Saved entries
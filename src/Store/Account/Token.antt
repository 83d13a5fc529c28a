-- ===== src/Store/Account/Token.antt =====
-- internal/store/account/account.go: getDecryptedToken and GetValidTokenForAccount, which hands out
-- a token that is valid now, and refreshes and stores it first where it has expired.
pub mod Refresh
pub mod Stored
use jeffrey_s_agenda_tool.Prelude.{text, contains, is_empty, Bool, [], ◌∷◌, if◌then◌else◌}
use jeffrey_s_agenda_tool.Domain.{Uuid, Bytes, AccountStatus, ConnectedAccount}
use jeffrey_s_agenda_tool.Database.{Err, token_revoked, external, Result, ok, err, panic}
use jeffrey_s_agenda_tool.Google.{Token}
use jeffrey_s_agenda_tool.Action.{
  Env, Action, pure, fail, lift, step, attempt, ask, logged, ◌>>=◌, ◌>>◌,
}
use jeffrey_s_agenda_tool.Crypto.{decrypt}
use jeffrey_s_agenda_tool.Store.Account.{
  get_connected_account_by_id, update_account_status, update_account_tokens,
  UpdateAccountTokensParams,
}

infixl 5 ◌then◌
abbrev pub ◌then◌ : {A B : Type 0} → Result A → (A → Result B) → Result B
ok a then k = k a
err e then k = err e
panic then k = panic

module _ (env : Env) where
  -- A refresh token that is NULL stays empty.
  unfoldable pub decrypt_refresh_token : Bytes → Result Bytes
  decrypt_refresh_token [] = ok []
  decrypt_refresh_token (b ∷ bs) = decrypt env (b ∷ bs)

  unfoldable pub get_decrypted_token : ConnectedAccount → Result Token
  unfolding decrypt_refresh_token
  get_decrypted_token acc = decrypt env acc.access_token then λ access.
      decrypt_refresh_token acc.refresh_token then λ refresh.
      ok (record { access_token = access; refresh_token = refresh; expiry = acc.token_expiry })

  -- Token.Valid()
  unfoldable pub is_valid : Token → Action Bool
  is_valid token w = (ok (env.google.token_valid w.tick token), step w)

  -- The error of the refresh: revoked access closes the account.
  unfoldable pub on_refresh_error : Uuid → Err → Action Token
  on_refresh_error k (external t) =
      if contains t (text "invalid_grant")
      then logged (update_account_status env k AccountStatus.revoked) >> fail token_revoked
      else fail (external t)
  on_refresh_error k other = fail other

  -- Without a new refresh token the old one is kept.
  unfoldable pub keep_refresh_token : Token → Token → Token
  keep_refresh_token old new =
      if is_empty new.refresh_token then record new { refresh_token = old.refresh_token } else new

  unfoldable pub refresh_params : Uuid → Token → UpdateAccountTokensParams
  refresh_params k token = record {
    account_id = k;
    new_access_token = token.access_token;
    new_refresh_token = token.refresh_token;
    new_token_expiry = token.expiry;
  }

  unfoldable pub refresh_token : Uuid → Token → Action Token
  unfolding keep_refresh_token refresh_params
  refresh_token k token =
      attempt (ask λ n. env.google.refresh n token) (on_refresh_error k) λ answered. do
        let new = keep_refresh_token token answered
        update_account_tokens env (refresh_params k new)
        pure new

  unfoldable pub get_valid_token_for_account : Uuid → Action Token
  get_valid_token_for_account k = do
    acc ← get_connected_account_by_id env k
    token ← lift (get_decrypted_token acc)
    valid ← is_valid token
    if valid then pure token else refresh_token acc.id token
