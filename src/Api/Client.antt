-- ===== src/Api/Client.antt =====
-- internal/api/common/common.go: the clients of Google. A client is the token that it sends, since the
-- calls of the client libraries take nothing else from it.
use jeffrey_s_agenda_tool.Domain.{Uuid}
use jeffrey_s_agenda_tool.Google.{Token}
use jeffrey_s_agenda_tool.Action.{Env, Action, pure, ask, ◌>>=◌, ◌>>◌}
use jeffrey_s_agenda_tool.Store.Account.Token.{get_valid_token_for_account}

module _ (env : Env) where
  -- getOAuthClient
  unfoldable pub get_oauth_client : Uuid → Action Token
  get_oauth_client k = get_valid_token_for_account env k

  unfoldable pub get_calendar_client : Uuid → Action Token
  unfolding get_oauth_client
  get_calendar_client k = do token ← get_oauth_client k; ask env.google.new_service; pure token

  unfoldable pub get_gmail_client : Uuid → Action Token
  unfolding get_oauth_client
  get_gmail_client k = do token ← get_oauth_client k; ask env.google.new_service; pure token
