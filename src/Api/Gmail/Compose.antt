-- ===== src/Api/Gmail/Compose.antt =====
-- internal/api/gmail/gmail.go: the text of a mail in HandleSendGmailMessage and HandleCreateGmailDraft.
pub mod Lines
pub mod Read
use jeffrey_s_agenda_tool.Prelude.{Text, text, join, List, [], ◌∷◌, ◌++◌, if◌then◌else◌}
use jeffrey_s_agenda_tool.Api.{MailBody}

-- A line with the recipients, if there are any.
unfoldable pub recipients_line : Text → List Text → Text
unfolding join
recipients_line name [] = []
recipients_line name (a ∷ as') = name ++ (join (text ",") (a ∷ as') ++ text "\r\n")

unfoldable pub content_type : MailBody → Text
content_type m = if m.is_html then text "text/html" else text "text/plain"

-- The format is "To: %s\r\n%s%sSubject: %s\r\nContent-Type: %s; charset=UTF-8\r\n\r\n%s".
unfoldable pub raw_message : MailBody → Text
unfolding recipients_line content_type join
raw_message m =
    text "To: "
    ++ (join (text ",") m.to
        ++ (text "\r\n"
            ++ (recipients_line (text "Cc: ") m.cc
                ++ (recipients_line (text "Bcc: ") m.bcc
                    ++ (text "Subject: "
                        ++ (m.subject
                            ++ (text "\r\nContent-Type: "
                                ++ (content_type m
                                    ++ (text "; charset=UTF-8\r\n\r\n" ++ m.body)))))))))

*Goal of the exercise*.
The full data, repeated exactly, is the only acceptable output.

*Task answer*.
filename src/Store/Account/Token.antt
repository 83d13a5fc529c28a
-- ===== src/Store/Account/Token.antt =====
-- internal/store/account/account.go: getDecryptedToken and GetValidTokenForAccount, which hands out
-- a token that is valid now, and refreshes and stores it first where it has expired.
pub mod Refresh
pub mod Stored
use jeffrey_s_agenda_tool.Prelude.{text, contains, is_empty, Bool, [], ◌∷◌, if◌then◌else◌}
use jeffrey_s_agenda_tool.Domain.{Uuid, Bytes, AccountStatus, ConnectedAccount}
use jeffrey_s_agenda_tool.Database.{Err, token_revoked, external, Result, ok, err, panic}
use jeffrey_s_agenda_tool.Google.{Token}
use jeffrey_s_agenda_tool.Action.{
  Env, Action, pure, fail, lift, step, attempt, ask, logged, ◌>>=◌, ◌>>◌,
}
use jeffrey_s_agenda_tool.Crypto.{decrypt}
use jeffrey_s_agenda_tool.Store.Account.{
  get_connected_account_by_id, update_account_status, update_account_tokens,
  UpdateAccountTokensParams,
}

infixl 5 ◌then◌
abbrev pub ◌then◌ : {A B : Type 0} → Result A → (A → Result B) → Result B
ok a then k = k a
err e then k = err e
panic then k = panic

module _ (env : Env) where
  -- A refresh token that is NULL stays empty.
  unfoldable pub decrypt_refresh_token : Bytes → Result Bytes
  decrypt_refresh_token [] = ok []
  decrypt_refresh_token (b ∷ bs) = decrypt env (b ∷ bs)

  unfoldable pub get_decrypted_token : ConnectedAccount → Result Token
  unfolding decrypt_refresh_token
  get_decrypted_token acc = decrypt env acc.access_token then λ access.
      decrypt_refresh_token acc.refresh_token then λ refresh.
      ok (record { access_token = access; refresh_token = refresh; expiry = acc.token_expiry })

  -- Token.Valid()
  unfoldable pub is_valid : Token → Action Bool
  is_valid token w = (ok (env.google.token_valid w.tick token), step w)

  -- The error of the refresh: revoked access closes the account.
  unfoldable pub on_refresh_error : Uuid → Err → Action Token
  on_refresh_error k (external t) =
      if contains t (text "invalid_grant")
      then logged (update_account_status env k AccountStatus.revoked) >> fail token_revoked
      else fail (external t)
  on_refresh_error k other = fail other

  -- Without a new refresh token the old one is kept.
  unfoldable pub keep_refresh_token : Token → Token → Token
  keep_refresh_token old new =
      if is_empty new.refresh_token then record new { refresh_token = old.refresh_token } else new

  unfoldable pub refresh_params : Uuid → Token → UpdateAccountTokensParams
  refresh_params k token = record {
    account_id = k;
    new_access_token = token.access_token;
    new_refresh_token = token.refresh_token;
    new_token_expiry = token.expiry;
  }

  unfoldable pub refresh_token : Uuid → Token → Action Token
  unfolding keep_refresh_token refresh_params
  refresh_token k token =
      attempt (ask λ n. env.google.refresh n token) (on_refresh_error k) λ answered. do
        let new = keep_refresh_token token answered
        update_account_tokens env (refresh_params k new)
        pure new

  unfoldable pub get_valid_token_for_account : Uuid → Action Token
  get_valid_token_for_account k = do
    acc ← get_connected_account_by_id env k
    token ← lift (get_decrypted_token acc)
    valid ← is_valid token
    if valid then pure token else refresh_token acc.id token
filename src/Api/Client.antt
-- ===== src/Api/Client.antt =====
-- internal/api/common/common.go: the clients of Google. A client is the token that it sends, since the
-- calls of the client libraries take nothing else from it.
use jeffrey_s_agenda_tool.Domain.{Uuid}
use jeffrey_s_agenda_tool.Google.{Token}
use jeffrey_s_agenda_tool.Action.{Env, Action, pure, ask, ◌>>=◌, ◌>>◌}
use jeffrey_s_agenda_tool.Store.Account.Token.{get_valid_token_for_account}

module _ (env : Env) where
  -- getOAuthClient
  unfoldable pub get_oauth_client : Uuid → Action Token
  get_oauth_client k = get_valid_token_for_account env k

  unfoldable pub get_calendar_client : Uuid → Action Token
  unfolding get_oauth_client
  get_calendar_client k = do token ← get_oauth_client k; ask env.google.new_service; pure token

  unfoldable pub get_gmail_client : Uuid → Action Token
  unfolding get_oauth_client
  get_gmail_client k = do token ← get_oauth_client k; ask env.google.new_service; pure token
filename src/Api/Gmail/Compose.antt
-- ===== src/Api/Gmail/Compose.antt =====
-- internal/api/gmail/gmail.go: the text of a mail in HandleSendGmailMessage and HandleCreateGmailDraft.
pub mod Lines
pub mod Read
use jeffrey_s_agenda_tool.Prelude.{Text, text, join, List, [], ◌∷◌, ◌++◌, if◌then◌else◌}
use jeffrey_s_agenda_tool.Api.{MailBody}

-- A line with the recipients, if there are any.
unfoldable pub recipients_line : Text → List Text → Text
unfolding join
recipients_line name [] = []
recipients_line name (a ∷ as') = name ++ (join (text ",") (a ∷ as') ++ text "\r\n")

unfoldable pub content_type : MailBody → Text
content_type m = if m.is_html then text "text/html" else text "text/plain"

-- The format is "To: %s\r\n%s%sSubject: %s\r\nContent-Type: %s; charset=UTF-8\r\n\r\n%s".
unfoldable pub raw_message : MailBody → Text
unfolding recipients_line content_type join
raw_message m =
    text "To: "
    ++ (join (text ",") m.to
        ++ (text "\r\n"
            ++ (recipients_line (text "Cc: ") m.cc
                ++ (recipients_line (text "Bcc: ") m.bcc
                    ++ (text "Subject: "
                        ++ (m.subject
                            ++ (text "\r\nContent-Type: "
                                ++ (content_type m
                                    ++ (text "; charset=UTF-8\r\n\r\n" ++ m.body)))))))))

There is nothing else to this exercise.